| YOUR GOAL |
All that should come back is the lines of the data below from the one containing "reopen none c = c" to the one containing "run_steps (step ∷", inclusive, exactly as they stand.

| RECORDS SUPPLIED |

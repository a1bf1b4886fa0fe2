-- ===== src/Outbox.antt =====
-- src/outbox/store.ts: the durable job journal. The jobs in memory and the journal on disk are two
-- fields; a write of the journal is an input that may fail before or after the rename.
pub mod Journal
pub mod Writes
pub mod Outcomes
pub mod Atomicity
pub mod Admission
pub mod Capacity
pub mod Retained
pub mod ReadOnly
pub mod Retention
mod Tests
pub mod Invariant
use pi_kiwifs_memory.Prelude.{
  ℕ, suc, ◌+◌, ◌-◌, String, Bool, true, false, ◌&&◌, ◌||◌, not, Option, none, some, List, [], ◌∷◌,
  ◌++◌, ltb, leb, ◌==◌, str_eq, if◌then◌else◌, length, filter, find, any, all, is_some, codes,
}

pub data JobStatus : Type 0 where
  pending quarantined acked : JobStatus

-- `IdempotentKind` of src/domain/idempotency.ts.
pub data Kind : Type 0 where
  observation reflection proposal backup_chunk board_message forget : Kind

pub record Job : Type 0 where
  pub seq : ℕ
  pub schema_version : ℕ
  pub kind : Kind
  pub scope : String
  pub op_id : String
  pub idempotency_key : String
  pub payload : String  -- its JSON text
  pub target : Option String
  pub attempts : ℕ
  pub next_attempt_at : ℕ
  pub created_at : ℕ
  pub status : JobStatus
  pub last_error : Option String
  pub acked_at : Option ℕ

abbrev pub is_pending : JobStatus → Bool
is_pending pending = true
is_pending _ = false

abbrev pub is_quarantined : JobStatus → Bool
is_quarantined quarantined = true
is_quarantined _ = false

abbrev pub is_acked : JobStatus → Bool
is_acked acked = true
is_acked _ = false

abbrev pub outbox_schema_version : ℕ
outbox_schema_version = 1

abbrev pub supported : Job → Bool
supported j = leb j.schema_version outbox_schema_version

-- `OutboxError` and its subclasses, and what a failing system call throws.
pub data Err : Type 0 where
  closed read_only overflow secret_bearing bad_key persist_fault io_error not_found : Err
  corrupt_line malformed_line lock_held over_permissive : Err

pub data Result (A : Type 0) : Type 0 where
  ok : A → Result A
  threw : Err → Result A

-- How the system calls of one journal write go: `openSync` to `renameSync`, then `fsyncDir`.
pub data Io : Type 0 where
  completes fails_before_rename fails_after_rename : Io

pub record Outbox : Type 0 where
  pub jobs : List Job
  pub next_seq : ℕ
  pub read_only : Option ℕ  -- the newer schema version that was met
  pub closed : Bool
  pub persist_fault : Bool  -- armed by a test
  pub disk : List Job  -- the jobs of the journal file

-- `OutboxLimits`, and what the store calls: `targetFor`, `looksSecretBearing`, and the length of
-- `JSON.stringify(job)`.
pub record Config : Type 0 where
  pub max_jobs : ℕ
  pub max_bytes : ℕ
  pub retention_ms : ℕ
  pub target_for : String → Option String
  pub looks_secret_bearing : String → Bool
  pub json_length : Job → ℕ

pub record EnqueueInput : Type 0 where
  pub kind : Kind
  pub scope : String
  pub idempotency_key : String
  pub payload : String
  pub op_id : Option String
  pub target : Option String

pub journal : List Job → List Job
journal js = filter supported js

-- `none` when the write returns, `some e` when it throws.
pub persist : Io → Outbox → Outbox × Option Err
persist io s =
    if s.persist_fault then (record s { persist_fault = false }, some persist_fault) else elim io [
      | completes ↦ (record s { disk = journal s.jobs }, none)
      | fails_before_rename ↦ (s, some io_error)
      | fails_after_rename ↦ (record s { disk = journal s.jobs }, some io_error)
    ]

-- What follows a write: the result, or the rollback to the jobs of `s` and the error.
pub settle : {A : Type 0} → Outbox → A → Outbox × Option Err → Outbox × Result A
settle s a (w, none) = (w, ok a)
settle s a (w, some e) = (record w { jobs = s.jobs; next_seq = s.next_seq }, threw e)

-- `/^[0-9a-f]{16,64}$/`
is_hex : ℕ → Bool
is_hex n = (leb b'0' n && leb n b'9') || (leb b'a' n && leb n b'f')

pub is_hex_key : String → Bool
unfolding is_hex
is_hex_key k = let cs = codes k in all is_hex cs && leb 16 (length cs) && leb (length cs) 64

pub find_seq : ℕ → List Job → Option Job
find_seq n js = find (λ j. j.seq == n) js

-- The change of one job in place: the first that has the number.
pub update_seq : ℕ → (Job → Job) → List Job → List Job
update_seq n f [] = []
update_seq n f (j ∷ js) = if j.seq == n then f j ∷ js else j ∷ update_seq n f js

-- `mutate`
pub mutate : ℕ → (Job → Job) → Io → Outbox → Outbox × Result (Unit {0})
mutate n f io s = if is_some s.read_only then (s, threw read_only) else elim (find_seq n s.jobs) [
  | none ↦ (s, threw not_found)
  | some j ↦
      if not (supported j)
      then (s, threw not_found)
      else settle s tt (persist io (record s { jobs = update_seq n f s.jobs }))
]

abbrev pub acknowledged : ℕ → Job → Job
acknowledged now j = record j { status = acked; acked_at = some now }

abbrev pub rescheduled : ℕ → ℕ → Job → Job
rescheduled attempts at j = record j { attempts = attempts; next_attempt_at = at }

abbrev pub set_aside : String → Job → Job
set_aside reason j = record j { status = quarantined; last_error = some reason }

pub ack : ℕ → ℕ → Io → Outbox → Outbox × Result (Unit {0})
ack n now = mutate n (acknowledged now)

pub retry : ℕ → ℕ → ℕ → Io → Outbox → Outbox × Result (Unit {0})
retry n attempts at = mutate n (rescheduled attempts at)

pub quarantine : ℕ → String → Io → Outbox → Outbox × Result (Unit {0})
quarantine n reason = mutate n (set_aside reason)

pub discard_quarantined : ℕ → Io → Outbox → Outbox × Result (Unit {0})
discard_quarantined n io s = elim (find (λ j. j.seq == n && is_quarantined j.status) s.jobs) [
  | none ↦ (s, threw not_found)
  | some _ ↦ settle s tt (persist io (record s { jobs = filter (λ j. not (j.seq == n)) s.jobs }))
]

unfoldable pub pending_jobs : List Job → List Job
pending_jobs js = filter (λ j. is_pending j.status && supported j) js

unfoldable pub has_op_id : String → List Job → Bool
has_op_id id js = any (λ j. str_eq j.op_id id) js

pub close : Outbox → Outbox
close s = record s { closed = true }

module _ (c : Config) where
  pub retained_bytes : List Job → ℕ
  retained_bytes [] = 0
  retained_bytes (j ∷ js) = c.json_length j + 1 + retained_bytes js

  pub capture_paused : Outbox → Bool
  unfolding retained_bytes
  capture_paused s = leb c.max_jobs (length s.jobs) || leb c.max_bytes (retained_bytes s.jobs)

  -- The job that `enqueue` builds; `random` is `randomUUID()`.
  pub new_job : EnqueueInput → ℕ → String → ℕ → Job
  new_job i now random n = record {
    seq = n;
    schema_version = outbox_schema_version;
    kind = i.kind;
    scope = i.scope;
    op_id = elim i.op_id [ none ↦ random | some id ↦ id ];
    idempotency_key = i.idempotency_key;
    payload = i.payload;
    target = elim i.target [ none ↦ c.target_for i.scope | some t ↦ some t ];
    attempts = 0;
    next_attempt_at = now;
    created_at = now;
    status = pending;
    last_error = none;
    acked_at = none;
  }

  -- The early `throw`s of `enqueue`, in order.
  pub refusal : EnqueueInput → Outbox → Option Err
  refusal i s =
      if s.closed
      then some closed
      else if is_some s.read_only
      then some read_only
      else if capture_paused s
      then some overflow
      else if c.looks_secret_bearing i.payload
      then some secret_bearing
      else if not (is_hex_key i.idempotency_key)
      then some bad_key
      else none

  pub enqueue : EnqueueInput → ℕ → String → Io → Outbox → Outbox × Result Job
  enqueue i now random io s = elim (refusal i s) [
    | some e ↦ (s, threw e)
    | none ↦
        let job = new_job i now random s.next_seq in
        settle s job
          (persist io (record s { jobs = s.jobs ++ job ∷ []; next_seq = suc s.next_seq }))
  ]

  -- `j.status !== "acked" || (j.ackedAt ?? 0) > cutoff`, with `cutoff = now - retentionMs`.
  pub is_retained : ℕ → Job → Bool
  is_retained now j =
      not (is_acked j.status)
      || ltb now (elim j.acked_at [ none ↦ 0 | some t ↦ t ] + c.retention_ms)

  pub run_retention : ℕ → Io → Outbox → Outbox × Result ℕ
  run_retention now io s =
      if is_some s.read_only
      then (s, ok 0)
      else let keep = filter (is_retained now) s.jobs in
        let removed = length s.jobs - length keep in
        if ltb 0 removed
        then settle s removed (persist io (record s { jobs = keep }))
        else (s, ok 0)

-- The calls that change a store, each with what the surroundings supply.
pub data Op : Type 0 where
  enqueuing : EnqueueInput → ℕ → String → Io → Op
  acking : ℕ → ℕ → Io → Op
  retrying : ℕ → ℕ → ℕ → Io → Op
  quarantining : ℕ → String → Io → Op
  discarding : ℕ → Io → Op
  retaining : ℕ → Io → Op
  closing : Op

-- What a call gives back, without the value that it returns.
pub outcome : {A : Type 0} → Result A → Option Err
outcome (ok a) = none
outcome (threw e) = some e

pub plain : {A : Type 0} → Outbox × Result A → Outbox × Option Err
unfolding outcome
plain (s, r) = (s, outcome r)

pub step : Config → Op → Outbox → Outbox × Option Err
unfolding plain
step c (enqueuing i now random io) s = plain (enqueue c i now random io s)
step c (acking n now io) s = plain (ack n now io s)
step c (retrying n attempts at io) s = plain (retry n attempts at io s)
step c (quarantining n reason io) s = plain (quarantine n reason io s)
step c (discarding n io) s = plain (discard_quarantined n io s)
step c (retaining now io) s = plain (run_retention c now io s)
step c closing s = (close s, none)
...
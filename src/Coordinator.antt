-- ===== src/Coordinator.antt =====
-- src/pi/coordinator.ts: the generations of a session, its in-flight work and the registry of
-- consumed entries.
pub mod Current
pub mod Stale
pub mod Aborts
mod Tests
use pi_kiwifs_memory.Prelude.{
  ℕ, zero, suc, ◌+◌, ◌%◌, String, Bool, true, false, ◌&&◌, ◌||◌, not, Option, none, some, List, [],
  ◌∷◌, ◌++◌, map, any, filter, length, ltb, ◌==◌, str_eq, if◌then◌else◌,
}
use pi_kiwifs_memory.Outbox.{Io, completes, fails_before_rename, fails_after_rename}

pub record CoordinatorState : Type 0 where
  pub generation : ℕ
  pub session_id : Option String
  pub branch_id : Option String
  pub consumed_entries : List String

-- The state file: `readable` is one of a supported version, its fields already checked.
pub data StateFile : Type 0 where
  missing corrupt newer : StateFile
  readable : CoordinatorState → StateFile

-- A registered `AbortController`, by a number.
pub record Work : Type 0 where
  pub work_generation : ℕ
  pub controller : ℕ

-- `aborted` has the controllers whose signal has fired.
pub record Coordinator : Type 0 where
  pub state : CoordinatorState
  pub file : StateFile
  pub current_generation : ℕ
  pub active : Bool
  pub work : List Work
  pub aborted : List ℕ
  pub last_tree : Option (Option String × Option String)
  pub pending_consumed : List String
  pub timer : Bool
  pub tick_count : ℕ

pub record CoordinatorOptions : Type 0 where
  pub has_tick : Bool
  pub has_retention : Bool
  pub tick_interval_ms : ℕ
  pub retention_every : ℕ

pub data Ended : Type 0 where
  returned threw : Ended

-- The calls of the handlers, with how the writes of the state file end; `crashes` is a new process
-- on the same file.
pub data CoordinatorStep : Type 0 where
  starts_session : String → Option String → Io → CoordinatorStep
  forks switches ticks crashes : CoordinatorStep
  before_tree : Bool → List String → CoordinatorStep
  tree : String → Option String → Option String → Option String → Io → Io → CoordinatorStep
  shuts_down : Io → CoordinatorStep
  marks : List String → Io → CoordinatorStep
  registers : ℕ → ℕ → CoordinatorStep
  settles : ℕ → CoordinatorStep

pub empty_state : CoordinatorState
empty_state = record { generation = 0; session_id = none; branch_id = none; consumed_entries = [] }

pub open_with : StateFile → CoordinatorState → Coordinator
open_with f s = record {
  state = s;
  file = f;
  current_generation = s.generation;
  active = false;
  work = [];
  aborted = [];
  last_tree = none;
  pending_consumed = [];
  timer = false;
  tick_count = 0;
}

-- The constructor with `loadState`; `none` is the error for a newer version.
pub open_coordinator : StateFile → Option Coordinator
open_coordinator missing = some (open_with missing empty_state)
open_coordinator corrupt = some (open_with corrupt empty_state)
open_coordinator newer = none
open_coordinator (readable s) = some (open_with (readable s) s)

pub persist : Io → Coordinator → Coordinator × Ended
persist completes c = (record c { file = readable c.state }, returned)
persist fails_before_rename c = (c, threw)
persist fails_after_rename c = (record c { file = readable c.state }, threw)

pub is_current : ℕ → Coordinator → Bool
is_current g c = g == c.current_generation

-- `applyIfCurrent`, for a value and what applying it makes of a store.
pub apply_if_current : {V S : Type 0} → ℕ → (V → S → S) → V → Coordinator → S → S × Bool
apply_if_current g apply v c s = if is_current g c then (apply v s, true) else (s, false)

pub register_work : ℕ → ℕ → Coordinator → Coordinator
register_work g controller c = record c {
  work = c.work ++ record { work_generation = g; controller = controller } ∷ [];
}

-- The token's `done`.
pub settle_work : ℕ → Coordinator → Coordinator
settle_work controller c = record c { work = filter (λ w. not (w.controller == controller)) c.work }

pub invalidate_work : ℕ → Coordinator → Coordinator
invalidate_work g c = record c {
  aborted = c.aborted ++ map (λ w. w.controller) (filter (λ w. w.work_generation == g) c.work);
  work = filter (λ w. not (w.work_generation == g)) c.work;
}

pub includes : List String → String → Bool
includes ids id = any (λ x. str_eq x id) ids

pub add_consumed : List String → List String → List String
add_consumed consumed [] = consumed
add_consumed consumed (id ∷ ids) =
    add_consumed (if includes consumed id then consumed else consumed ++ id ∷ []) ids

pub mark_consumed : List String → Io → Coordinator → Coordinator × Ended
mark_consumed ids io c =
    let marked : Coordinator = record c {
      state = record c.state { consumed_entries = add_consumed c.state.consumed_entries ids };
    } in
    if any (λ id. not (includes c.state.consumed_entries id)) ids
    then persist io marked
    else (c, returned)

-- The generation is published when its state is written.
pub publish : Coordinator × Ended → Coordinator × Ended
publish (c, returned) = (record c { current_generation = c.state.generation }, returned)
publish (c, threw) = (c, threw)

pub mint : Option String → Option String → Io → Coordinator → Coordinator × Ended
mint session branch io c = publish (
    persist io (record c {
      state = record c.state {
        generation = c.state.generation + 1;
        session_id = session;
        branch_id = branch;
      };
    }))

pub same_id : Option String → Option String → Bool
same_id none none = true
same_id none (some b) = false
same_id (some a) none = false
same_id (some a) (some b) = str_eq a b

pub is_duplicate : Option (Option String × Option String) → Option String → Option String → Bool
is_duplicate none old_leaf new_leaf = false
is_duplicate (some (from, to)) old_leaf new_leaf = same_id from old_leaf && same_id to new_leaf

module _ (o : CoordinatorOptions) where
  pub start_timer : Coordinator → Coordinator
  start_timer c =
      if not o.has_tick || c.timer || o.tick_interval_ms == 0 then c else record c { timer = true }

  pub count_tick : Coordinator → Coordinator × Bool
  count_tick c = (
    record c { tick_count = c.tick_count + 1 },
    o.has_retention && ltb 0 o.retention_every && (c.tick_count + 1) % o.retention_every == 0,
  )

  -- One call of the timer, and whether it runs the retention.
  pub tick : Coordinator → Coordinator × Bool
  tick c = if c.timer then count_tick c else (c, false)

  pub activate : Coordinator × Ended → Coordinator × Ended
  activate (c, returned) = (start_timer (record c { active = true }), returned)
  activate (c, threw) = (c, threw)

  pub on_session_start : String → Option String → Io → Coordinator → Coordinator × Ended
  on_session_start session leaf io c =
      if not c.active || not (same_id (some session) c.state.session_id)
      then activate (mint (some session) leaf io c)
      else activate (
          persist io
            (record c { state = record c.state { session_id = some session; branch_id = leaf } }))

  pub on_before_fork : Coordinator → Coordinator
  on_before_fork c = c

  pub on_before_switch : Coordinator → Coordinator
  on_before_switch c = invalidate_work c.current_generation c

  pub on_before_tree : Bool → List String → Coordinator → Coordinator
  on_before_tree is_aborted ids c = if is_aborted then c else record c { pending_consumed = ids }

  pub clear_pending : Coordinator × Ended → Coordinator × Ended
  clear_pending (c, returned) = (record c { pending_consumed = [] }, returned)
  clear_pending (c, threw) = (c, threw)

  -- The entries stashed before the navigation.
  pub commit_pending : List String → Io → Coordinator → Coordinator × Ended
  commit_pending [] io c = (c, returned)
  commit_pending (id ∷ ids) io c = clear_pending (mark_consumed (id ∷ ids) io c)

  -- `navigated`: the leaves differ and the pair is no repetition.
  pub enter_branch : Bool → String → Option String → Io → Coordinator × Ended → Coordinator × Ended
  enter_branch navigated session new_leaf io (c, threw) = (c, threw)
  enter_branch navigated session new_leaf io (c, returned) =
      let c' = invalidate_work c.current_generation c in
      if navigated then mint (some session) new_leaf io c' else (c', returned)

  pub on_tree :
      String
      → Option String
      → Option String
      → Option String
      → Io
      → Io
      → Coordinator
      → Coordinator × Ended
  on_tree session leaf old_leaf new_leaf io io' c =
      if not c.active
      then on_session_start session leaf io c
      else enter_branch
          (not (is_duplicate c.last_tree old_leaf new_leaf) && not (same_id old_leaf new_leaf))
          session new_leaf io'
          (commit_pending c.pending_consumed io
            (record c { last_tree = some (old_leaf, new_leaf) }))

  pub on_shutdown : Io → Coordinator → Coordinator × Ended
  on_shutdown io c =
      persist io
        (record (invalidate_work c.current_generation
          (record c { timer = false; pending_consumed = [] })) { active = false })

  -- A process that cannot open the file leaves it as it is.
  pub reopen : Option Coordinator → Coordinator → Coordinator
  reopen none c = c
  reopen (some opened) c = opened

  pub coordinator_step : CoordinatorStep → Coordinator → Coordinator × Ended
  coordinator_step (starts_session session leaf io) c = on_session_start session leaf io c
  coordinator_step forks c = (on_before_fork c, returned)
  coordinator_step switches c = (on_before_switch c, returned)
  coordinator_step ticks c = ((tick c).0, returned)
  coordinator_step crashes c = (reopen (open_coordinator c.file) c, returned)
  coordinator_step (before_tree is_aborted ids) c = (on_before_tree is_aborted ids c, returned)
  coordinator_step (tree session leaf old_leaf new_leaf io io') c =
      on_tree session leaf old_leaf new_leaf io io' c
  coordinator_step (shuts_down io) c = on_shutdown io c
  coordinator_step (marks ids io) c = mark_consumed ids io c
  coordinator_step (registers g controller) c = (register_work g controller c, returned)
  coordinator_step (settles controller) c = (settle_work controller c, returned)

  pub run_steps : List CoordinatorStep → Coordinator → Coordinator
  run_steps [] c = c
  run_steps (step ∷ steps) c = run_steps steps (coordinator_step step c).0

| RESPONSE |
  reopen none c = c
  reopen (some opened) c = opened

  pub coordinator_step : CoordinatorStep → Coordinator → Coordinator × Ended
  coordinator_step (starts_session session leaf io) c = on_session_start session leaf io c
  coordinator_step forks c = (on_before_fork c, returned)
  coordinator_step switches c = (on_before_switch c, returned)
  coordinator_step ticks c = ((tick c).0, returned)
  coordinator_step crashes c = (reopen (open_coordinator c.file) c, returned)
  coordinator_step (before_tree is_aborted ids) c = (on_before_tree is_aborted ids c, returned)
  coordinator_step (tree session leaf old_leaf new_leaf io io') c =
      on_tree session leaf old_leaf new_leaf io io' c
  coordinator_step (shuts_down io) c = on_shutdown io c
  coordinator_step (marks ids io) c = mark_consumed ids io c
  coordinator_step (registers g controller) c = (register_work g controller c, returned)
  coordinator_step (settles controller) c = (settle_work controller c, returned)

  pub run_steps : List CoordinatorStep → Coordinator → Coordinator
  run_steps [] c = c
  run_steps (step ∷ steps) c = run_steps steps (coordinator_step step c).0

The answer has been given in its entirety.